Items listed in a dataset:
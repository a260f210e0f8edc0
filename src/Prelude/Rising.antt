-- ===== src/Prelude/Rising.antt =====
-- Lists sorted by a number: sort.Slice with `less` on a field whose values are distinct.
use Prim.Native.Nat.{ℕ, zero, suc, ◌≤◌, ◌<◌}
use mathlib.Core.Path.{◌≡◌}
use mathlib.Core.Bool.{Bool, false}
use mathlib.Core.List.{List, [], ◌∷◌, ◌++◌}
use native.Mathlib.Omega.{arith}
use dispatch_lab.Prelude.Tests.{ltb, ◌==◌, of_if}
use dispatch_lab.Prelude.Lists.{All, keep, take}
use dispatch_lab.Prelude.Sort as Sort

module _ {ℓ} {A : Type ℓ} (key : A → ℕ) where
  -- The keys rise, from `n` on.
  abbrev pub IsRising : ℕ → List A → Type 0
  IsRising n [] = Unit
  IsRising n (x ∷ xs) = (n ≤ key x) × IsRising (suc (key x)) xs

  -- No element has the key.
  abbrev pub Misses : ℕ → List A → Type 0
  Misses n = All (λ x. (key x == n) ≡ false)

  abbrev pub HasDistinct : List A → Type 0
  HasDistinct [] = Unit
  HasDistinct (x ∷ xs) = Misses (key x) xs × HasDistinct xs

  abbrev pub before : A → A → Bool
  before x y = ltb (key x) (key y)

  Misses-insert :
      (n : ℕ) (x : A) (ys : List A)
      → (key x == n) ≡ false
      → Misses n ys
      → Misses n (Sort.insert before x ys)
  unfolding Sort.insert
  Misses-insert n x [] h r = (h, tt)
  Misses-insert n x (y ∷ ys) h r =
      of_if (Misses n) (before y x) _ _ (λ _. (r.0, Misses-insert n x ys h r.1)) (λ _. (h, r))

  pub Misses-sort : (n : ℕ) (ys : List A) → Misses n ys → Misses n (Sort.sort before ys)
  unfolding Sort.sort
  Misses-sort n [] r = tt
  Misses-sort n (y ∷ ys) r = Misses-insert n y (Sort.sort before ys) r.0 (Misses-sort n ys r.1)

  insert-IsRising :
      (n : ℕ) (x : A) (ys : List A)
      → n ≤ key x
      → Misses (key x) ys
      → IsRising n ys
      → IsRising n (Sort.insert before x ys)
  unfolding Sort.insert
  insert-IsRising n x [] h m r = (h, tt)
  insert-IsRising n x (y ∷ ys) h m r =
      of_if (IsRising n) (before y x) _ _
        (λ e. (r.0, insert-IsRising (suc (key y)) x ys (ground (arith, e)) m.1 r.1))
        (λ e. (h, (ground (arith, e, m.0), r.1)))

  pub sort-IsRising : (xs : List A) → HasDistinct xs → IsRising 0 (Sort.sort before xs)
  unfolding Sort.sort
  sort-IsRising [] d = tt
  sort-IsRising (x ∷ xs) d =
      insert-IsRising 0 x (Sort.sort before xs) (omega arith) (Misses-sort (key x) xs d.0)
        (sort-IsRising xs d.1)

  rising-Misses : (n k : ℕ) (xs : List A) → n < k → IsRising k xs → Misses n xs
  rising-Misses n k [] h r = tt
  rising-Misses n k (x ∷ xs) h r =
      (ground (arith, h, r.0), rising-Misses n (suc (key x)) xs (omega (arith, h, r.0)) r.1)

  pub rising-HasDistinct : (k : ℕ) (xs : List A) → IsRising k xs → HasDistinct xs
  rising-HasDistinct k [] r = tt
  rising-HasDistinct k (x ∷ xs) r = (
    rising-Misses (key x) (suc (key x)) xs (omega arith) r.1,
    rising-HasDistinct (suc (key x)) xs r.1,
  )

  pub Misses-snoc :
      (n : ℕ) (xs : List A) (x : A) → Misses n xs → (key x == n) ≡ false → Misses n (xs ++ x ∷ [])
  Misses-snoc n [] x m h = (h, tt)
  Misses-snoc n (y ∷ ys) x m h = (m.0, Misses-snoc n ys x m.1 h)

  pub HasDistinct-snoc :
      (xs : List A) (x : A) → HasDistinct xs → Misses (key x) xs → HasDistinct (xs ++ x ∷ [])
  HasDistinct-snoc [] x d m = (tt, tt)
  HasDistinct-snoc (y ∷ ys) x d m =
      (Misses-snoc (key y) ys x d.0 (ground (arith, m.0)), HasDistinct-snoc ys x d.1 m.1)

  pub lower : (n k : ℕ) (xs : List A) → n ≤ k → IsRising k xs → IsRising n xs
  lower n k [] h r = tt
  lower n k (x ∷ xs) h r = (omega (arith, h, r.0), r.1)

  keep-IsRising : (p : A → Bool) (n : ℕ) (xs : List A) → IsRising n xs → IsRising n (keep p xs)
  keep-IsRising p n [] r = tt
  keep-IsRising p n (x ∷ xs) r =
      of_if (IsRising n) (p x) _ _ (λ _. (r.0, keep-IsRising p (suc (key x)) xs r.1))
        (λ _. keep-IsRising p n xs (lower n (suc (key x)) xs (omega (arith, r.0)) r.1))

  -- What is left of a rising list above a bound rises from there.
  pub keep_above :
      (bound n : ℕ) (xs : List A)
      → IsRising n xs
      → IsRising (suc bound) (keep (λ x. ltb bound (key x)) xs)
  keep_above bound n [] r = tt
  keep_above bound n (x ∷ xs) r =
      of_if (IsRising (suc bound)) (ltb bound (key x)) _ _
        (λ e. (ground (arith, e), keep-IsRising (λ y. ltb bound (key y)) (suc (key x)) xs r.1))
        (λ _. keep_above bound (suc (key x)) xs r.1)

  pub take-IsRising : (m n : ℕ) (xs : List A) → IsRising n xs → IsRising n (take m xs)
  take-IsRising zero n xs r = tt
  take-IsRising (suc m) n [] r = tt
  take-IsRising (suc m) n (x ∷ xs) r = (r.0, take-IsRising m (suc (key x)) xs r.1)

Task item:
Give back the complete data exactly as supplied.

Your solution:
repository a260f210e0f8edc0
filename src/Prelude/Rising.antt
-- ===== src/Prelude/Rising.antt =====
-- Lists sorted by a number: sort.Slice with `less` on a field whose values are distinct.
use Prim.Native.Nat.{ℕ, zero, suc, ◌≤◌, ◌<◌}
use mathlib.Core.Path.{◌≡◌}
use mathlib.Core.Bool.{Bool, false}
use mathlib.Core.List.{List, [], ◌∷◌, ◌++◌}
use native.Mathlib.Omega.{arith}
use dispatch_lab.Prelude.Tests.{ltb, ◌==◌, of_if}
use dispatch_lab.Prelude.Lists.{All, keep, take}
use dispatch_lab.Prelude.Sort as Sort

module _ {ℓ} {A : Type ℓ} (key : A → ℕ) where
  -- The keys rise, from `n` on.
  abbrev pub IsRising : ℕ → List A → Type 0
  IsRising n [] = Unit
  IsRising n (x ∷ xs) = (n ≤ key x) × IsRising (suc (key x)) xs

  -- No element has the key.
  abbrev pub Misses : ℕ → List A → Type 0
  Misses n = All (λ x. (key x == n) ≡ false)

  abbrev pub HasDistinct : List A → Type 0
  HasDistinct [] = Unit
  HasDistinct (x ∷ xs) = Misses (key x) xs × HasDistinct xs

  abbrev pub before : A → A → Bool
  before x y = ltb (key x) (key y)

  Misses-insert :
      (n : ℕ) (x : A) (ys : List A)
      → (key x == n) ≡ false
      → Misses n ys
      → Misses n (Sort.insert before x ys)
  unfolding Sort.insert
  Misses-insert n x [] h r = (h, tt)
  Misses-insert n x (y ∷ ys) h r =
      of_if (Misses n) (before y x) _ _ (λ _. (r.0, Misses-insert n x ys h r.1)) (λ _. (h, r))

  pub Misses-sort : (n : ℕ) (ys : List A) → Misses n ys → Misses n (Sort.sort before ys)
  unfolding Sort.sort
  Misses-sort n [] r = tt
  Misses-sort n (y ∷ ys) r = Misses-insert n y (Sort.sort before ys) r.0 (Misses-sort n ys r.1)

  insert-IsRising :
      (n : ℕ) (x : A) (ys : List A)
      → n ≤ key x
      → Misses (key x) ys
      → IsRising n ys
      → IsRising n (Sort.insert before x ys)
  unfolding Sort.insert
  insert-IsRising n x [] h m r = (h, tt)
  insert-IsRising n x (y ∷ ys) h m r =
      of_if (IsRising n) (before y x) _ _
        (λ e. (r.0, insert-IsRising (suc (key y)) x ys (ground (arith, e)) m.1 r.1))
        (λ e. (h, (ground (arith, e, m.0), r.1)))

  pub sort-IsRising : (xs : List A) → HasDistinct xs → IsRising 0 (Sort.sort before xs)
  unfolding Sort.sort
  sort-IsRising [] d = tt
  sort-IsRising (x ∷ xs) d =
      insert-IsRising 0 x (Sort.sort before xs) (omega arith) (Misses-sort (key x) xs d.0)
        (sort-IsRising xs d.1)

  rising-Misses : (n k : ℕ) (xs : List A) → n < k → IsRising k xs → Misses n xs
  rising-Misses n k [] h r = tt
  rising-Misses n k (x ∷ xs) h r =
      (ground (arith, h, r.0), rising-Misses n (suc (key x)) xs (omega (arith, h, r.0)) r.1)

  pub rising-HasDistinct : (k : ℕ) (xs : List A) → IsRising k xs → HasDistinct xs
  rising-HasDistinct k [] r = tt
  rising-HasDistinct k (x ∷ xs) r = (
    rising-Misses (key x) (suc (key x)) xs (omega arith) r.1,
    rising-HasDistinct (suc (key x)) xs r.1,
  )

  pub Misses-snoc :
      (n : ℕ) (xs : List A) (x : A) → Misses n xs → (key x == n) ≡ false → Misses n (xs ++ x ∷ [])
  Misses-snoc n [] x m h = (h, tt)
  Misses-snoc n (y ∷ ys) x m h = (m.0, Misses-snoc n ys x m.1 h)

  pub HasDistinct-snoc :
      (xs : List A) (x : A) → HasDistinct xs → Misses (key x) xs → HasDistinct (xs ++ x ∷ [])
  HasDistinct-snoc [] x d m = (tt, tt)
  HasDistinct-snoc (y ∷ ys) x d m =
      (Misses-snoc (key y) ys x d.0 (ground (arith, m.0)), HasDistinct-snoc ys x d.1 m.1)

  pub lower : (n k : ℕ) (xs : List A) → n ≤ k → IsRising k xs → IsRising n xs
  lower n k [] h r = tt
  lower n k (x ∷ xs) h r = (omega (arith, h, r.0), r.1)

  keep-IsRising : (p : A → Bool) (n : ℕ) (xs : List A) → IsRising n xs → IsRising n (keep p xs)
  keep-IsRising p n [] r = tt
  keep-IsRising p n (x ∷ xs) r =
      of_if (IsRising n) (p x) _ _ (λ _. (r.0, keep-IsRising p (suc (key x)) xs r.1))
        (λ _. keep-IsRising p n xs (lower n (suc (key x)) xs (omega (arith, r.0)) r.1))

  -- What is left of a rising list above a bound rises from there.
  pub keep_above :
      (bound n : ℕ) (xs : List A)
      → IsRising n xs
      → IsRising (suc bound) (keep (λ x. ltb bound (key x)) xs)
  keep_above bound n [] r = tt
  keep_above bound n (x ∷ xs) r =
      of_if (IsRising (suc bound)) (ltb bound (key x)) _ _
        (λ e. (ground (arith, e), keep-IsRising (λ y. ltb bound (key y)) (suc (key x)) xs r.1))
        (λ _. keep_above bound (suc (key x)) xs r.1)

  pub take-IsRising : (m n : ℕ) (xs : List A) → IsRising n xs → IsRising n (take m xs)
  take-IsRising zero n xs r = tt
  take-IsRising (suc m) n [] r = tt
  take-IsRising (suc m) n (x ∷ xs) r = (r.0, take-IsRising m (suc (key x)) xs r.1)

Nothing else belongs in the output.